El guardarropa de los hombres, que se había improvisado en el despacho del padre de Isis, se había dispuesto haciendo desaparecer los muebles de la habitación. Se tiraba el abrigo por el suelo y listo. Eso fue lo que hizo Colin y se paró un momento delante de un espejo.

– Vamos, ven -se impacientaba Isis-. Te voy a presentar a unas chicas encantadoras.

Colin la atrajo hacia sí cogiéndola por las muñecas.

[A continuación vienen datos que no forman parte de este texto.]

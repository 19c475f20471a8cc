-- ===== src/NetStruct/Ring/Handoff.antt =====
-- The ack sender and the segment thread copy the shared queue under its mutex, `rebase` the
-- original and read the copy with the mutex released. The copy constructor shares the array, so
-- the threads that push meanwhile write to the array which the copy is read from.
use sharpvpn.Base.{
  ℕ, suc, ◌+◌, ◌%◌, ◌≤◌, ◌<◌, ◌≡◌, refl, ap, ◌∙◌, List, [], ◌∷◌, arith, length, window,
  window-update_past,
}
use native.Mathlib.Nat.{mod-add-mod}
use sharpvpn.NetStruct.Ring.{Ring, push, rebase, IsValid, contents, push_all}
use sharpvpn.NetStruct.Ring.Contents.{rebase-IsValid, contents-push_all}

module _ {ℓ} {A : Type ℓ} where
  -- The copy that was taken of `r`, read after the original has grown into `later`.
  abbrev pub copy_of : Ring A → Ring A → Ring A
  copy_of r later = record r { arr = later.arr }

  push_all-keeps :
      (r : Ring A) (xs : List A) (h n k : ℕ)
      → h < r.capacity
      → n ≤ k
      → k + length xs ≤ r.capacity
      → r.end ≡ (h + k) % r.capacity
      → window (push_all r xs).arr r.capacity h n ≡ window r.arr r.capacity h n
  unfolding push
  push_all-keeps r [] h n k hh hn hk e = refl
  push_all-keeps r (x ∷ xs) h n k hh hn hk e =
      push_all-keeps (push r x) xs h n (suc k) hh (omega arith) (omega arith) (
        ap (λ i. (i + 1) % r.capacity) e
        ∙ mod-add-mod (h + k) r.capacity 1
        ∙ ap (λ i. i % r.capacity) (omega arith))
      ∙ rw e (window-update_past r.arr r.capacity h n k x hh hn (omega arith))

  -- Nothing is lost or doubled across a hand-over: while what is pushed after it fits beside the
  -- copied entries, the copy still shows exactly the old entries and the rebased ring exactly the
  -- new ones, both in order.
  pub handoff_lem :
      (r : Ring A) (xs : List A)
      → IsValid r
      → r.len + length xs ≤ r.capacity
      → let later = push_all (rebase r) xs in
        (contents (copy_of r later) ≡ contents r) × (contents later ≡ xs)
  unfolding rebase
  handoff_lem r xs v h = (
    push_all-keeps (rebase r) xs r.start r.len r.len v.start_in (omega arith) h v.end_at,
    contents-push_all (rebase r) xs (rebase-IsValid r v) (omega arith),
  )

– Tienes un vestido precioso -le dijo. Era un vestido muy sencillo, de lana color verde-almendra con grandes botones de cerámica dorada y una rejilla de hierro forjado que formaba el canesú de la espalda.

– ¿Te gusta? -dijo Isis.

– Es encantador. ¿Se puede pasar la mano a través de los alambres sin que muerda?

– No te fíes demasiado -repuso Isis.

Isis se soltó de Colin, le cogió de la mano y le arrastró al centro de sudoración. Se tropezaron con dos recién llegados del sexo fuerte, se deslizaron por el recodo del pasillo y se reunieron con el núcleo central por la puerta del comedor.

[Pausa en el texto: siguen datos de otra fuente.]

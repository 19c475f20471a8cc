-- ===== src/NetStruct/Ring/Queue.antt =====
-- The rings of one capacity up to what they hold. Where the entries stand in the array, and what
-- the free places hold, is forgotten.
use sharpvpn.Base.{
  ℕ, ◌≤◌, ◌<◌, ◌≡◌, refl, ◌∙◌, List, [], ◌∷◌, ◌++◌, length, drop, head?, arith, length-window,
}
use mathlib.Core.Equiv.{IsEquiv, Iso, iso_to_equiv}
use mathlib.Core.HLevel.{Σ_prop_path}
use mathlib.Core.List
use mathlib.Core.Quot
use mathlib.Core.Quot.{Quot, Quot-set}
use native.Mathlib.Bridge.{le_prop}
use sharpvpn.NetStruct.Ring.{Ring, init, push, pop, IsValid, contents, push_all}
use sharpvpn.NetStruct.Ring.Contents.{
  init-IsValid, push_lem, pop_lem, push_all-IsValid, contents-push_all, capacity-push,
}

module _ (A : Type 0) (cap : ℕ) where
  abbrev pub RingOf : Type 0
  RingOf = (r : Ring A) × IsValid r × (r.capacity ≡ cap)

  abbrev pub SameContents : RingOf → RingOf → Type 0
  SameContents r s = contents r.0 ≡ contents s.0

  abbrev pub Queue : Type 0
  Queue = Quot SameContents

  -- A list that the capacity has room for.
  abbrev pub Bounded : Type 0
  Bounded = (xs : List A) × (length xs ≤ cap)

module _ {A : Type 0} (set : IsSet A) (cap : ℕ) where
  unfoldable pub held : Queue A cap → Bounded A cap
  held =
      Quot.lift (hlevel (List.is_set set, le_prop))
        (λ r. (
          contents r.0,
          omega (arith, length-window r.0.arr r.0.capacity r.0.start r.0.len, r.1.len_in, r.2),
        ))
        (λ r s e. Σ_prop_path (λ xs. le_prop) e)

module _ {A : Type 0} (memory : ℕ → A) (cap : ℕ) (pos : 0 < cap) where
  -- The ring that holds a list from its first place on.
  filled-IsValid : (xs : Bounded A cap) → IsValid (push_all (init memory cap) xs.0)
  unfolding init
  filled-IsValid xs =
      push_all-IsValid (init memory cap) xs.0 (init-IsValid memory cap pos) (omega (arith, xs.1))

  capacity-push_all : (r : Ring A) (xs : List A) → (push_all r xs).capacity ≡ r.capacity
  capacity-push_all r [] = refl
  capacity-push_all r (x ∷ xs) = capacity-push_all (push r x) xs ∙ capacity-push r x

  filled : Bounded A cap → RingOf A cap
  unfolding init
  filled xs =
      (push_all (init memory cap) xs.0, filled-IsValid xs, capacity-push_all (init memory cap) xs.0)

  contents-filled : (xs : Bounded A cap) → contents (filled xs).0 ≡ xs.0
  unfolding filled init
  contents-filled xs =
      contents-push_all (init memory cap) xs.0 (init-IsValid memory cap pos) (omega (arith, xs.1))

  abbrev queue_iso : (set : IsSet A) → Iso (Queue A cap) (Bounded A cap)
  unfolding held
  queue_iso set = record {
    fun = held set cap;
    inv = λ xs. Quot.mk (filled xs);
    rinv = λ xs. Σ_prop_path (λ ys. le_prop) (contents-filled xs);
    linv = Quot.ind (λ q. Quot-set _ _) (λ r. Quot.sound (contents-filled (contents r.0, _)));
  }

-- `push` and `pop` on the rings of one capacity.
abbrev pub pushed : {A : Type 0} {cap : ℕ} (r : RingOf A cap) (x : A) → r.0.len < cap → RingOf A cap
pushed r x h =
    (push r.0 x, (push_lem r.0 x r.1 (omega (arith, h, r.2))).0, capacity-push r.0 x ∙ r.2)

pub capacity-pop : {A : Type 0} (r : Ring A) → (pop r).1.capacity ≡ r.capacity
unfolding pop
capacity-pop r = ground arith

abbrev pub popped : {A : Type 0} {cap : ℕ} → RingOf A cap → RingOf A cap
popped r = ((pop r.0).1, (pop_lem r.0 r.1).3, capacity-pop r.0 ∙ r.2)

-- The valid rings of a capacity, those that hold the same being identified, are exactly the lists
-- of at most so many entries. On a list, `push` where there is room adds an entry at the end, and
-- `pop` returns the first entry, or the null pointer, and drops it.
pub queue_lem :
    {A : Type 0} (set : IsSet A) (memory : ℕ → A) (cap : ℕ)
    → 0 < cap
    → (r : RingOf A cap) (x : A) (room : r.0.len < cap)
    → IsEquiv (held set cap)
      × ((held set cap (Quot.mk (pushed r x room))).0 ≡ (held set cap (Quot.mk r)).0 ++ (x ∷ []))
      × ((pop r.0).0 ≡ head? (held set cap (Quot.mk r)).0)
      × ((held set cap (Quot.mk (popped r))).0 ≡ drop 1 (held set cap (Quot.mk r)).0)
unfolding held
queue_lem set memory cap pos r x room = (
  (iso_to_equiv (queue_iso memory cap pos set)).1,
  (push_lem r.0 x r.1 (omega (arith, room, r.2))).1,
  (pop_lem r.0 r.1).0,
  (pop_lem r.0 r.1).2,
)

– ¡Mira, mira! -dijo Colin-. ¿Han llegado ya Alise y Chick?

– Sí -repuso Isis-. Ven, te presento a…

Por término medio, las chicas estaban potables. Una de ellas llevaba un vestido de lana verde-almendra, con grandes botones de cerámica dorada y, en la espalda, un canesú de forma muy especial.

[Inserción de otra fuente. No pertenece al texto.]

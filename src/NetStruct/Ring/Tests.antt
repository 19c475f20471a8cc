-- ===== src/NetStruct/Ring/Tests.antt =====
-- Runs of the buffer, and the theorems at concrete inputs.
use sharpvpn.Base.{ℕ, ◌+◌, ◌≡◌, refl, [], ◌∷◌, ◌++◌, some, drop, head?, arith}
use mathlib.Core.Equiv.{IsEquiv}
use mathlib.Core.Quot
use native.Mathlib.Nat.{ℕ_set}
use sharpvpn.NetStruct.Ring.Queue.{RingOf, held, pushed, popped, queue_lem}
use sharpvpn.NetStruct.Ring.{Ring, push, pop, IsValid, contents}
use sharpvpn.NetStruct.Ring.Contents.{push_lem}

-- Two entries in a buffer of three, the second behind the wrap.
abbrev two_items : Ring ℕ
two_items = record { arr = λ i. i + 10; len = 2; start = 2; end = 1; capacity = 3 }

abbrev full_ring : Ring ℕ
full_ring = push two_items 5

pop_wraps : (pop (pop two_items).1).0 ≡ some 10
unfolding pop
pop_wraps = refl

two_items-IsValid : IsValid two_items
two_items-IsValid = record { start_in = omega arith; len_in = omega arith; end_at = refl }

full_ring-IsValid : IsValid full_ring
full_ring-IsValid = (push_lem two_items 5 two_items-IsValid (omega arith)).0

push_lem_example :
    IsValid (push two_items 7) × (contents (push two_items 7) ≡ contents two_items ++ (7 ∷ []))
push_lem_example = push_lem two_items 7 two_items-IsValid (omega arith)

abbrev two_of_three : RingOf ℕ 3
two_of_three = (two_items, two_items-IsValid, refl)

queue_lem_example :
    IsEquiv (held ℕ_set 3)
    × ((held ℕ_set 3 (Quot.mk (pushed two_of_three 7 (omega arith)))).0
        ≡ (held ℕ_set 3 (Quot.mk two_of_three)).0 ++ (7 ∷ []))
    × ((pop two_items).0 ≡ head? (held ℕ_set 3 (Quot.mk two_of_three)).0)
    × ((held ℕ_set 3 (Quot.mk (popped two_of_three))).0
        ≡ drop 1 (held ℕ_set 3 (Quot.mk two_of_three)).0)
queue_lem_example = queue_lem ℕ_set (λ i. i) 3 (omega arith) two_of_three 7 (omega arith)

– Preséntame sobre todo a ésa -dijo Colin.

Isis le sacudió para que se estuviera tranquilo.

– ¿Vas a ser buen chico de una vez?…

Colin acechaba ya a otra y tiraba de la mano de su conductora.

– Mira, éste es Colin -dijo Isis-. Colin, te presento a Chloé.

Colin tragó saliva. La boca le ardía como si la tuviera llena de buñuelos ardiendo.

– ¡Hola!… -dijo Chloé.

– Hola… ¿Eres una versión adaptada por Duke Ellington?… -preguntó Colin y se marchó porque estaba convencido de que había dicho una estupidez.

Chick lo agarró del faldón de la chaqueta.

– Pero ¿dónde vas? ¿No te irás a marchar ya? Mira…

Chick sacó del bolsillo un libro pequeño encuadernado en tafilete rojo.

– Es el original de La paradoja sobre lo repugnante, de Partre…

– ¿Es que ya lo has encontrado? -dijo Colin.

Se acordó entonces de que se marchaba y empezó a marcharse. Alise le cortaba el paso.

– Vamos, ¿es que te vas a ir sin haber bailado ni siquiera una vez conmigo?

– Perdóname -dijo Colin-, pero es que acabo de hacer una idiotez y me fastidia quedarme.

– Pero, cuando le miran a uno así, tiene la obligación de aceptar…

– Alise -gimió Colin enlazándola y rozando su mejilla contra sus cabellos.

– ¿Qué te pasa, mi buen Colin?

– ¡Calla, calla!… y ¡mierda!… ¡Diablos coronados! ¿Ves a aquella chica?…

– ¿Chloé?…

– ¿La conoces?… -dijo Colin-. Le he dicho una idiotez, por eso es por lo que me marcho.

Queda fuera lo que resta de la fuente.